| Entries shown |
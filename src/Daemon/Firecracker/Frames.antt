-- ===== src/Daemon/Firecracker/Frames.antt =====
-- The steps of a boot in daemon/pkg/firecracker/impl.go that touch neither the sidecar files nor a process,
-- and any relation on worlds that their calls respect.
use yaghan.Base.{
  ℕ, ◌≡◌, refl, ◌⊎◌, inl, inr, Bool, true, false, List, [], ◌∷◌, if◌then◌else◌, Bool-cases,
  Option-cases, ltb, nat_beq, ◌*◌,
}
use yaghan.Base.Text.{Text}
use yaghan.Daemon.Egress.{Asset, LocalReference}
use yaghan.Daemon.Firecracker.System.{
  Machine, Op, write_meta, spawn_jailer, remove_vm_dir, on_file, copy_file, link_file, write_config,
  chmod_config, make_snapshot_dir, make_parent, dig_holes, file_mode, remove_destination,
  truncate_file, resize2fs, FileOp, await_agent, await_running, await_api, load_rpc, Found, missing,
  unreadable, found, describe,
}
use yaghan.Daemon.Firecracker.Input.{
  CreateError, CreateInput, LoadInput, trim_slash, resize_rootfs_error, stage_asset_error,
  stage_snapshot, chmod_vm_config, Options, agent_not_ready, not_running, api_not_ready,
  load_rpc_error, vsock_endpoint, resolve_vsock_uds,
}
use yaghan.Daemon.Firecracker.Staging.{
  Action, ◌>>◌, attempt, ignore, nothing_to_do, copy_asset, link_asset, stage_asset, stage_assets,
  resize_rootfs, resize_rootfs_for_input, root_drive, stage_snapshot_file, stage_snapshot_files,
  mem_file, state_file,
}
use yaghan.Daemon.Firecracker.Launch.{attach, agent_ready, boot_ready, load_ready}

pub Found-cases :
    {A : Type 0} (f : Found A) → ((a : A) × (f ≡ found a)) ⊎ ((f ≡ missing) ⊎ (f ≡ unreadable))
Found-cases (found a) = inl (a, refl)
Found-cases missing = inr (inl refl)
Found-cases unreadable = inr (inr refl)

-- The calls of a boot that have such an effect, and the others.
abbrev pub is_plain : Op → Bool
is_plain remove_vm_dir = false
is_plain (write_config uds) = false
is_plain (write_meta meta) = false
is_plain (spawn_jailer netns configured) = false
is_plain op = true

module _ (m : Machine) (R : Machine.World m → Machine.World m → Type 0)
    (R_refl : (w : Machine.World m) → R w w)
    (R_trans : (u v w : Machine.World m) → R u v → R v w → R u w)
    (run_R : (id : Text) (op : Op) (w : Machine.World m)
      → is_plain op ≡ true
      → R w (Machine.run m id op w).0) where
  open m use {World, run, other_device, file_size, same_file, socket, meta}

  pub record Steady (s : Action World) : Type 0 where
    pub stays : (w : World) → R w (s w).0

  pub attempt-Steady :
      (id : Text) (op : Op) (e : CreateError) → is_plain op ≡ true → Steady (attempt m id op e)
  unfolding attempt
  attempt-Steady id op e q = record { stays = λ w. run_R id op w q }

  pub >>-Steady : {s t : Action World} → Steady s → Steady t → Steady (s >> t)
  unfolding ◌>>◌
  >>-Steady {s} {t} p q = record {
    stays = λ w. elim (Option-cases (s w).1) [
      | inl fine ↦ rw (◌>>◌, fine) (R_trans w (s w).0 (t (s w).0).0 (p.stays w) (q.stays (s w).0))
      | inr (e, bad) ↦ rw (◌>>◌, bad) (p.stays w)
    ];
  }

  file-Steady :
      (id path : Text) (e : CreateError) (op : FileOp) → Steady (attempt m id (on_file path op) e)
  file-Steady id path e op = attempt-Steady id (on_file path op) e refl

  nothing-Steady : Steady (nothing_to_do m)
  unfolding nothing_to_do
  nothing-Steady = record { stays = λ w. R_refl w }

  if-Steady : (b : Bool) {s t : Action World} → Steady s → Steady t → Steady (if b then s else t)
  if-Steady true p q = p
  if-Steady false p q = q

  link_asset-Steady :
      (id path : Text) (asset : Asset) (e : CreateError) → Steady (link_asset m id path asset e)
  unfolding link_asset
  link_asset-Steady id path asset e = record {
    stays = λ w.
        let link = on_file path (link_file asset.source_path) in
        let linked = run id link w in
        let off = run_R id link w refl in
        elim (Bool-cases linked.1) [
          | inl done ↦ rw done off
          | inr failed ↦ elim (Bool-cases (other_device linked.0 id asset.source_path)) [
            | inl far ↦
                rw (failed, far)
                  (R_trans w linked.0
                    (attempt m id (on_file path (copy_file asset.source_path)) e linked.0).0 off
                    ((file-Steady id path e (copy_file asset.source_path)).stays linked.0))
            | inr near ↦ rw (failed, near) off
          ]
        ];
  }

  ignore-Steady : (id : Text) (op : Op) → is_plain op ≡ true → Steady (ignore m id op)
  unfolding ignore
  ignore-Steady id op q = record { stays = λ w. run_R id op w q }

  stage_asset-Steady :
      (id : Text) (e : CreateError) (asset : Asset) → Steady (stage_asset m id e asset)
  unfolding stage_asset copy_asset
  stage_asset-Steady id e asset =
      let path = trim_slash asset.jail_path in
      >>-Steady (file-Steady id path e make_parent) (
        >>-Steady (ignore-Steady id (on_file path remove_destination) refl) (
          >>-Steady
            (if-Steady asset.writable
              (>>-Steady (file-Steady id path e (copy_file asset.source_path))
                (file-Steady id path e dig_holes))
              (link_asset-Steady id path asset e))
            (file-Steady id path e (file_mode (if asset.writable then 0x1b6 else 0x1a4)))))

  stage_assets-Steady : (id : Text) (assets : List Asset) → Steady (stage_assets m id assets)
  unfolding stage_assets
  stage_assets-Steady id [] = nothing-Steady
  stage_assets-Steady id (asset ∷ assets) =
      >>-Steady (stage_asset-Steady id stage_asset_error asset) (stage_assets-Steady id assets)

  resize_rootfs-Steady : (id path : Text) (size : ℕ) → Steady (resize_rootfs m id path size)
  unfolding resize_rootfs
  resize_rootfs-Steady id path size = record {
    stays = λ w. elim (Option-cases (file_size w id path)) [
      | inl unknown ↦ rw (resize_rootfs, unknown) (R_refl w)
      | inr (old, known) ↦ elim (Bool-cases (ltb (size * 1024 * 1024) old)) [
        | inl shrink ↦ rw (resize_rootfs, known, shrink) (R_refl w)
        | inr fits ↦ elim (Bool-cases (nat_beq old (size * 1024 * 1024))) [
          | inl same ↦ rw (resize_rootfs, known, fits, same) (R_refl w)
          | inr grow ↦
              rw (resize_rootfs, known, fits, grow)
                ((>>-Steady (file-Steady id path resize_rootfs_error (truncate_file size))
                    (file-Steady id path resize_rootfs_error resize2fs)).stays
                  w)
        ]
      ]
    ];
  }

  resize_rootfs_for_input-Steady : (input : CreateInput) → Steady (resize_rootfs_for_input m input)
  unfolding resize_rootfs_for_input
  resize_rootfs_for_input-Steady input = elim (Option-cases (root_drive input.drives)) [
    | inl no_drive ↦ rw (resize_rootfs_for_input, no_drive) nothing-Steady
    | inr (path, drive) ↦
        rw (resize_rootfs_for_input, drive)
          (if-Steady (ltb 0 input.rootfs_disk_mib)
            (resize_rootfs-Steady input.id (trim_slash path) input.rootfs_disk_mib) nothing-Steady)
  ]

  -- What CreateMicroVM does between the configuration and the jailer.
  pub boot_files-Steady :
      (input : CreateInput)
      → Steady (
          attempt m input.id chmod_config chmod_vm_config
          >> stage_assets m input.id input.assets
          >> resize_rootfs_for_input m input)
  boot_files-Steady input =
      >>-Steady (attempt-Steady input.id chmod_config chmod_vm_config refl) (
        >>-Steady (stage_assets-Steady input.id input.assets)
          (resize_rootfs_for_input-Steady input))

  stage_snapshot_file-Steady :
      (id source jail : Text) → Steady (stage_snapshot_file m id source jail)
  unfolding stage_snapshot_file
  stage_snapshot_file-Steady id source jail = record {
    stays = λ w. elim (Bool-cases (same_file w id source (trim_slash jail))) [
      | inl same ↦ rw same (R_refl w)
      | inr other ↦ rw other (
          (stage_asset-Steady id stage_snapshot
              (record { source_path = source; jail_path = jail; writable = false })).stays
            w)
    ];
  }

  pub load_files-Steady :
      (input : LoadInput) (ref : LocalReference)
      → Steady (stage_assets m input.id input.assets >> stage_snapshot_files m input.id ref)
  unfolding stage_snapshot_files
  load_files-Steady input ref = >>-Steady (stage_assets-Steady input.id input.assets) (
      >>-Steady (attempt-Steady input.id make_snapshot_dir stage_snapshot refl) (
        >>-Steady (stage_snapshot_file-Steady input.id ref.mem_file_path (mem_file ref.snapshot_id))
          (stage_snapshot_file-Steady input.id ref.state_file_path (state_file ref.snapshot_id))))

  pub attach-R : (opts : Options) (id : Text) (w : World) → R w (attach m opts id w).0
  unfolding attach
  attach-R opts id w = elim (Found-cases (socket w id)) [
    | inl (s, open_socket) ↦ elim (Found-cases (meta w id)) [
      | inl (found_meta, readable) ↦ rw (attach, open_socket, readable) (run_R id describe w refl)
      | inr (inl none_there) ↦ rw (attach, open_socket, none_there) (R_refl w)
      | inr (inr broken) ↦ rw (attach, open_socket, broken) (R_refl w)
    ]
    | inr (inl none_there) ↦ rw (attach, none_there) (R_refl w)
    | inr (inr broken) ↦ rw (attach, broken) (R_refl w)
  ]

  agent_ready-Steady : (id uds : Text) (port : ℕ) → Steady (agent_ready m id uds port)
  unfolding agent_ready
  agent_ready-Steady id uds port =
      if-Steady (nat_beq port 0) nothing-Steady
        (attempt-Steady id (await_agent uds port) agent_not_ready refl)

  pub boot_ready-Steady : (opts : Options) (input : CreateInput) → Steady (boot_ready m opts input)
  unfolding boot_ready
  boot_ready-Steady opts input =
      >>-Steady (attempt-Steady input.id await_running not_running refl)
        (agent_ready-Steady input.id (vsock_endpoint opts input).0 (vsock_endpoint opts input).1)

  pub load_ready-Steady :
      (opts : Options) (input : LoadInput) (ref : LocalReference)
      → Steady (load_ready m opts input ref)
  unfolding load_ready
  load_ready-Steady opts input ref =
      >>-Steady (attempt-Steady input.id await_api api_not_ready refl) (
        >>-Steady (attempt-Steady input.id (load_rpc ref.snapshot_id) load_rpc_error refl) (
          >>-Steady (attempt-Steady input.id await_running not_running refl) (
            agent_ready-Steady input.id (resolve_vsock_uds opts input.id input.vsock_uds_path)
              input.agent_vsock_port)))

| What to work on |
From the records above, return each line where "Base" occurs.

| Answer box |
use yaghan.Base.{
use yaghan.Base.Text.{Text}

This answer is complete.